Only the lines below between the ones containing "dump_reader = new_urlteam_reader" and "-- The cases", inclusive, are to be reproduced, each exactly as it stands.

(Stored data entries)

################

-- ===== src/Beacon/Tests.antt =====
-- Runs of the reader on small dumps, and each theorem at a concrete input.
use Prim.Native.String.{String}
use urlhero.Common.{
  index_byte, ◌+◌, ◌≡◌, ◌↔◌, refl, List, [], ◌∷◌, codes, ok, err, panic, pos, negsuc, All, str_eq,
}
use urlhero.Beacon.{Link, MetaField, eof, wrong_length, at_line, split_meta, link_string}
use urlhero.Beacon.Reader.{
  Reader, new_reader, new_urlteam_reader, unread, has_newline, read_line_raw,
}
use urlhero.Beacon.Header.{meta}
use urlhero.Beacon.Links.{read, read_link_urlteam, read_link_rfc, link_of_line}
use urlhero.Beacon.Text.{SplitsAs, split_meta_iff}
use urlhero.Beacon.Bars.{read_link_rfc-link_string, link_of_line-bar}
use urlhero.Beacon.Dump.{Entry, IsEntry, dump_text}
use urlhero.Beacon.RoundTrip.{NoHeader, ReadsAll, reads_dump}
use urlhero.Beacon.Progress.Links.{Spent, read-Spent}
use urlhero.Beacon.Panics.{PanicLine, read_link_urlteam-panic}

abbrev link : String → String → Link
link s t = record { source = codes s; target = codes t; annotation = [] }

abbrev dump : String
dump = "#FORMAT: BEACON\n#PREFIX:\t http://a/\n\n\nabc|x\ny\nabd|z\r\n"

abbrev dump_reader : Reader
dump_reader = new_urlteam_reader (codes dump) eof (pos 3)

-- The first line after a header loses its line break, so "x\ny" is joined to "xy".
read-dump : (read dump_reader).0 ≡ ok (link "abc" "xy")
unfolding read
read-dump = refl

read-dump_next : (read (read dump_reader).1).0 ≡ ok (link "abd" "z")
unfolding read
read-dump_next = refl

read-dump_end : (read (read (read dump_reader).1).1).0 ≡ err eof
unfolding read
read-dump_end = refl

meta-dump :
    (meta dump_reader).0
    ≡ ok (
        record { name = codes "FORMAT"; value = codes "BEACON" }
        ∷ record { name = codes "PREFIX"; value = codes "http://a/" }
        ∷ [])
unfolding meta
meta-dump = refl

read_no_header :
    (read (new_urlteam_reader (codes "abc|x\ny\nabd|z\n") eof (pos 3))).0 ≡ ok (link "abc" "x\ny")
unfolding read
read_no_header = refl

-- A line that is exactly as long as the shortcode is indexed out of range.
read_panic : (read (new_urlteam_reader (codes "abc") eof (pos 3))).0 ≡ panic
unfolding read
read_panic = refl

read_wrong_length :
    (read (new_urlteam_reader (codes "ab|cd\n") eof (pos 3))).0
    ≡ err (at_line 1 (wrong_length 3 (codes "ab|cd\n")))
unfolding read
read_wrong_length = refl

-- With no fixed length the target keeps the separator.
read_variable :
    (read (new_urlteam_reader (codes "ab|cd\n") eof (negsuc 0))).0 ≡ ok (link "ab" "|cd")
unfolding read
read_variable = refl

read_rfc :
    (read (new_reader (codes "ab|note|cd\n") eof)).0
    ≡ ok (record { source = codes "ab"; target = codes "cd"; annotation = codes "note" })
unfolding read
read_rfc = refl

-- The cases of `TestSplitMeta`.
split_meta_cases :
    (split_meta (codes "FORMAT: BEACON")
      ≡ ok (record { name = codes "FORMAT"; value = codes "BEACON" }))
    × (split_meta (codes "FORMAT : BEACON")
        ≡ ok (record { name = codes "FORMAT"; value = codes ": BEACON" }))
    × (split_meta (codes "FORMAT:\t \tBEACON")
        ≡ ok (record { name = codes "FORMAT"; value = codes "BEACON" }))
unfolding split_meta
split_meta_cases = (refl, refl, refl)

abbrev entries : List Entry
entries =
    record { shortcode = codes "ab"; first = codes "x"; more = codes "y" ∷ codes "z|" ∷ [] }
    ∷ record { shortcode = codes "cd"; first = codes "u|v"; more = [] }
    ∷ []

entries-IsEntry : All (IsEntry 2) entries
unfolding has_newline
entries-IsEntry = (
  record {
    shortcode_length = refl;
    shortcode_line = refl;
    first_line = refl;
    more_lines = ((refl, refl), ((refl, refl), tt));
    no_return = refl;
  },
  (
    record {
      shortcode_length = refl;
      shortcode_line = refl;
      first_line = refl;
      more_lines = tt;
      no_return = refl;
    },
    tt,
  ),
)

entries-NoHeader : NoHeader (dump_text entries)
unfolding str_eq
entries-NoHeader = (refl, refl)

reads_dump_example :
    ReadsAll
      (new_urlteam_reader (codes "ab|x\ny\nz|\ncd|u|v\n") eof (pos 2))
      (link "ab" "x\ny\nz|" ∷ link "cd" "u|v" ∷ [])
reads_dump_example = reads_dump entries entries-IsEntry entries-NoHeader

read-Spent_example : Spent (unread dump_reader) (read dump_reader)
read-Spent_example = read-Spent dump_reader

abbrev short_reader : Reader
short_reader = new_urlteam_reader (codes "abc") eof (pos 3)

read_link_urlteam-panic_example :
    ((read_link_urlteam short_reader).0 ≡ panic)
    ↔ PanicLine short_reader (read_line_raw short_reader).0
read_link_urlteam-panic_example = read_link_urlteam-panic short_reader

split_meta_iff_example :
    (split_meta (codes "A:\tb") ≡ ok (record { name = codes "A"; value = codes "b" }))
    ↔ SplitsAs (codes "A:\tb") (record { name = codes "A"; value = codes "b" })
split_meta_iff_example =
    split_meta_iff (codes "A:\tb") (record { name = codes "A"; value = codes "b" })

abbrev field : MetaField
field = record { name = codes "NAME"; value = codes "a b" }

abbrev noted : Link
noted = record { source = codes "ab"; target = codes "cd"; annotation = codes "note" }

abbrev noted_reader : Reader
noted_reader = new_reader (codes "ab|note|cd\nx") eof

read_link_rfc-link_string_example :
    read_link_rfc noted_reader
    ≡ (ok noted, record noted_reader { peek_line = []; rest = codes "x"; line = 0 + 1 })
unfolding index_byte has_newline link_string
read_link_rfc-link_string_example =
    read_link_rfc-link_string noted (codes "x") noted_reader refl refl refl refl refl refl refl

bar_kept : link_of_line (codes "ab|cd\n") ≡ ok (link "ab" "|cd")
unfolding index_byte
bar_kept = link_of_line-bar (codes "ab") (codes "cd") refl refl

################

▶ _Result below_
dump_reader = new_urlteam_reader (codes dump) eof (pos 3)

-- The first line after a header loses its line break, so "x\ny" is joined to "xy".
read-dump : (read dump_reader).0 ≡ ok (link "abc" "xy")
unfolding read
read-dump = refl

read-dump_next : (read (read dump_reader).1).0 ≡ ok (link "abd" "z")
unfolding read
read-dump_next = refl

read-dump_end : (read (read (read dump_reader).1).1).0 ≡ err eof
unfolding read
read-dump_end = refl

meta-dump :
    (meta dump_reader).0
    ≡ ok (
        record { name = codes "FORMAT"; value = codes "BEACON" }
        ∷ record { name = codes "PREFIX"; value = codes "http://a/" }
        ∷ [])
unfolding meta
meta-dump = refl

read_no_header :
    (read (new_urlteam_reader (codes "abc|x\ny\nabd|z\n") eof (pos 3))).0 ≡ ok (link "abc" "x\ny")
unfolding read
read_no_header = refl

-- A line that is exactly as long as the shortcode is indexed out of range.
read_panic : (read (new_urlteam_reader (codes "abc") eof (pos 3))).0 ≡ panic
unfolding read
read_panic = refl

read_wrong_length :
    (read (new_urlteam_reader (codes "ab|cd\n") eof (pos 3))).0
    ≡ err (at_line 1 (wrong_length 3 (codes "ab|cd\n")))
unfolding read
read_wrong_length = refl

-- With no fixed length the target keeps the separator.
read_variable :
    (read (new_urlteam_reader (codes "ab|cd\n") eof (negsuc 0))).0 ≡ ok (link "ab" "|cd")
unfolding read
read_variable = refl

read_rfc :
    (read (new_reader (codes "ab|note|cd\n") eof)).0
    ≡ ok (record { source = codes "ab"; target = codes "cd"; annotation = codes "note" })
unfolding read
read_rfc = refl

-- The cases of `TestSplitMeta`.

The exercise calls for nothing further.